# Can anybody help me please?



## Mom_of_Kambo (Nov 11, 2009)

Anybody ever heard of any of these dogs..if so any info please??


Roscoe P Kelly (Kambo's Sire)
Pulley's Marley (Kambo's Dam)

Roger Weavers Blue-Do
Roger Weavers Fancy
Smiths Bad Boy Tiny Rider -- (I'VE RECIEVED INFO)
Jackson's Blue Stripe

Pure Blue Lil Man of Fire Bo
Poe's Shelby
G-Dawg El Boricua De Goyco
Rice's Baby Girl
Faulknor's Old Dirty Blue
Widowmaker's All That Jazz
Jacksons Boy Maximus
Miami/Blue/Butcher


----------



## performanceknls (Apr 4, 2009)

G-Dawg El Boricua De Goyco
ONLINE PEDIGREES :: [146153] :: G-DAWG'S EL BORICUA DE GOYCO

It is really hard to understand who you wrote the ped so I have no clue what generation we are on but this dog is the offspring of El Boricua and rice's baby girl
ONLINE PEDIGREES :: [151016] :: BORICUA X BABY GIRL

This is the sire and dame of the other ped I gave you

Faulknor's Old Dirty Blue
Widowmaker's All That Jazz

Miami/Blue/Butcher
ONLINE PEDIGREES :: [243617] :: MIAMI/BLUE/BUTCHER

It looks like a scatter bred pedigree of a Bully I do not know if you knew that when you bought him or even if it matters.

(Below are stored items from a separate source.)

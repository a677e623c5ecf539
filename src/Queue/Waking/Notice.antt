-- ===== src/Queue/Waking/Notice.antt =====
-- The steps of the other goroutines of internal/queue/queue.go, seen by the maintenance loop.
use mathlib.Core.Path.{subst}
use stitch.Prelude.{
  ok_apart, ok_injective, ok, String, ℕ, ◌+◌, ◌≤◌, ◌<◌, ◌≡◌, refl, sym, ◌∙◌, Bool, true, false,
  none, some, List, [], ◌∷◌, ◌++◌, ◌==◌, arith, inl, inr,
}
use stitch.Prelude.Int.{pos_part}
use stitch.Prelude.Map
use stitch.Prelude.Tally.{tally, tally-append}
use stitch.Queue.Message.{Message}
use stitch.Queue.Live.{Queue, promote_due, take_leased, enqueue_reserve}
use stitch.Queue.Ops.{LogAnswer, pick, requeued}
use stitch.Queue.Invariant.Loops.{promote_due-Balanced}
use stitch.Queue.Invariant.Operations.{take_leased_cases}
use stitch.Queue.Interleaving.{Pending, World, Step}
use stitch.Queue.Interleaving.Safe.{Safe, held, release}
use stitch.Queue.Waking.{by_others}
use stitch.Queue.Waking.Heeds.{due_times, Heeds, Heeds-same, Heeds-before, put_times-later}
use stitch.Queue.Waking.Steps.{
  lease_times, promote_due-Heeds, pick-Heeds, enqueue_times, enqueue_commit-Heeds, dequeue_times,
  dequeue_commit-Heeds, ack_commit-Heeds, nack_times, nack_commit-Heeds,
}
use stitch.Queue.Waking.Pledges.{all_pledged, tally-all_pledged}

abbrev pub at_zero : ℕ → Bool
at_zero t = t == 0

-- The deadlines of the queue, and those that running operations hold, that are 0.
abbrev pub zeros : World → ℕ
zeros w = due_times at_zero w.queue + tally at_zero (all_pledged w.pending)

-- What a step of another goroutine does: its new deadlines are heeded, and none is 0.
pub record Noticed (u v : World) : Type 0 where
  pub ts : List ℕ
  pub heeds : Heeds ts u.queue v.queue
  pub no_more : zeros v ≤ zeros u

take_leased-Heeds :
    (id token : String) (m : Message) (q q1 : Queue)
    → take_leased id token q ≡ ok (m, q1)
    → Heeds [] q q1
take_leased-Heeds id token m q q1 e = elim (take_leased_cases id token q) [
  | inl (bad, refused) ↦ absurd (ok_apart (m, q1) bad (sym e ∙ refused))
  | inr (m0, there, good) ↦
      subst (λ r. Heeds [] q r.1)
        (ok_injective (m0, record q { inflight = Map.delete id q.inflight }) (m, q1) (sym good ∙ e))
        (Heeds-same q _ refl refl refl refl)
]

enqueue_times-zero :
    (answer : LogAnswer) (later : ℕ) (m : Message)
    → tally at_zero (enqueue_times answer later m) ≡ 0
enqueue_times-zero (some e) later m = refl
enqueue_times-zero none later m = put_times-later later m

nack_times-zero :
    (answer : LogAnswer) (to_dlq : Bool) (visible_at now : ℕ) (m : Message)
    → tally at_zero (nack_times answer to_dlq visible_at now m) ≡ 0
nack_times-zero (some e) to_dlq visible_at now m = refl
nack_times-zero none true visible_at now m = refl
nack_times-zero none false visible_at now m = put_times-later now (requeued m visible_at)

dequeue_times-pledged :
    (answer : LogAnswer) (expires : ℕ) (picked : List Message)
    → tally at_zero (dequeue_times answer expires picked)
      ≤ tally at_zero (lease_times expires picked)
dequeue_times-pledged (some e) expires picked = omega arith
dequeue_times-pledged none expires picked = omega arith

lease_times-zero :
    (expires : ℕ) (picked : List Message)
    → 0 < expires
    → tally at_zero (lease_times expires picked) ≡ 0
lease_times-zero expires [] h = refl
lease_times-zero expires (m ∷ ms) h = ground (arith, lease_times-zero expires ms h)

pub Step-Noticed : (u v : World) (s : Step u v) → by_others s ≡ true → Safe u → Noticed u v
unfolding enqueue_reserve
Step-Noticed u v (Step.enqueue_start now id body priority delay k q ps free) o s = record {
  ts = [];
  heeds = Heeds-same q _ refl refl refl refl;
  no_more = omega arith;
}
Step-Noticed u v (Step.enqueue_deduped now k e q ps hit) o s = record {
  ts = [];
  heeds = Heeds-same q _ refl refl refl refl;
  no_more = omega arith;
}
Step-Noticed u v (Step.enqueue_end m answer later q ps qs fresh) o s =
    let h = enqueue_commit-Heeds m answer later q s.balanced.ordered in
    record {
      ts = enqueue_times answer later m;
      heeds = h;
      no_more = omega (
        arith,
        h.dues at_zero,
        enqueue_times-zero answer later m,
        tally-all_pledged at_zero ps (Pending.enqueueing m) qs,
      );
    }
Step-Noticed u v (Step.dequeue_start now n token q ps) o s =
    let q' = promote_due now q in
    let b = promote_due-Balanced _ now q s.balanced in
    let h =
      Heeds-before q q' _ (promote_due-Heeds _ now q s.balanced)
        (pick-Heeds n q' b.ordered.ready) in
    record {
      ts = [];
      heeds = h;
      no_more =
          let expires = now + pos_part q.cfg.visibility_timeout_ms in
          omega (
            arith,
            h.dues at_zero,
            lease_times-zero expires (pick n q' []).1 (ground arith),
            tally-append at_zero (lease_times expires (pick n q' []).1) (all_pledged ps),
          );
    }
Step-Noticed u v (Step.dequeue_end expires token picked answer q ps qs) o s =
    let b = release ps (Pending.granting expires token picked) qs s.balanced in
    let h = dequeue_commit-Heeds (held (ps ++ qs)) expires token picked answer q b in
    record {
      ts = dequeue_times answer expires picked;
      heeds = h;
      no_more = omega (
        arith,
        h.dues at_zero,
        dequeue_times-pledged answer expires picked,
        tally-all_pledged at_zero ps (Pending.granting expires token picked) qs,
      );
    }
Step-Noticed u v (Step.ack_start id token m q q1 ps took) o s =
    let h = take_leased-Heeds id token m q q1 took in
    record { ts = []; heeds = h; no_more = omega (arith, h.dues at_zero) }
Step-Noticed u v (Step.ack_end id m answer q ps qs) o s =
    let h = ack_commit-Heeds id m answer q in
    record {
      ts = [];
      heeds = h;
      no_more =
          omega (arith, h.dues at_zero, tally-all_pledged at_zero ps (Pending.acking id m) qs);
    }
Step-Noticed u v (Step.nack_start now id token delay m q q1 ps took) o s =
    let h = take_leased-Heeds id token m q q1 took in
    record { ts = []; heeds = h; no_more = omega (arith, h.dues at_zero) }
Step-Noticed u v (Step.nack_end m to_dlq visible_at now answer q ps qs) o s =
    let h = nack_commit-Heeds m to_dlq visible_at now answer q s.balanced.ordered in
    record {
      ts = nack_times answer to_dlq visible_at now m;
      heeds = h;
      no_more = omega (
        arith,
        h.dues at_zero,
        nack_times-zero answer to_dlq visible_at now m,
        tally-all_pledged at_zero ps (Pending.nacking m to_dlq visible_at) qs,
      );
    }
Step-Noticed u v (Step.maintain_start now q ps) o s = absurd (ground (arith, o))
Step-Noticed u v (Step.maintain_middle now requeue to_dlq answer q ps qs) o s =
    absurd (ground (arith, o))
Step-Noticed u v (Step.maintain_end to_dlq answer q ps qs) o s = absurd (ground (arith, o))
Step-Noticed u v (Step.stats_taken now q ps) o s =
    let h = promote_due-Heeds _ now q s.balanced in
    record { ts = []; heeds = h; no_more = omega (arith, h.dues at_zero) }
Step-Noticed u v (Step.timer_armed q ps) o s = absurd (ground (arith, o))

The ped doesn't make the dog but at least you have partial info. The dogs listed are the only ones I could find.


----------



## Mom_of_Kambo (Nov 11, 2009)

Thank you!!!!!! =D=D It's better than what I had. The main reason I wanted to know was to see pretty much what/where Kambo came from.


----------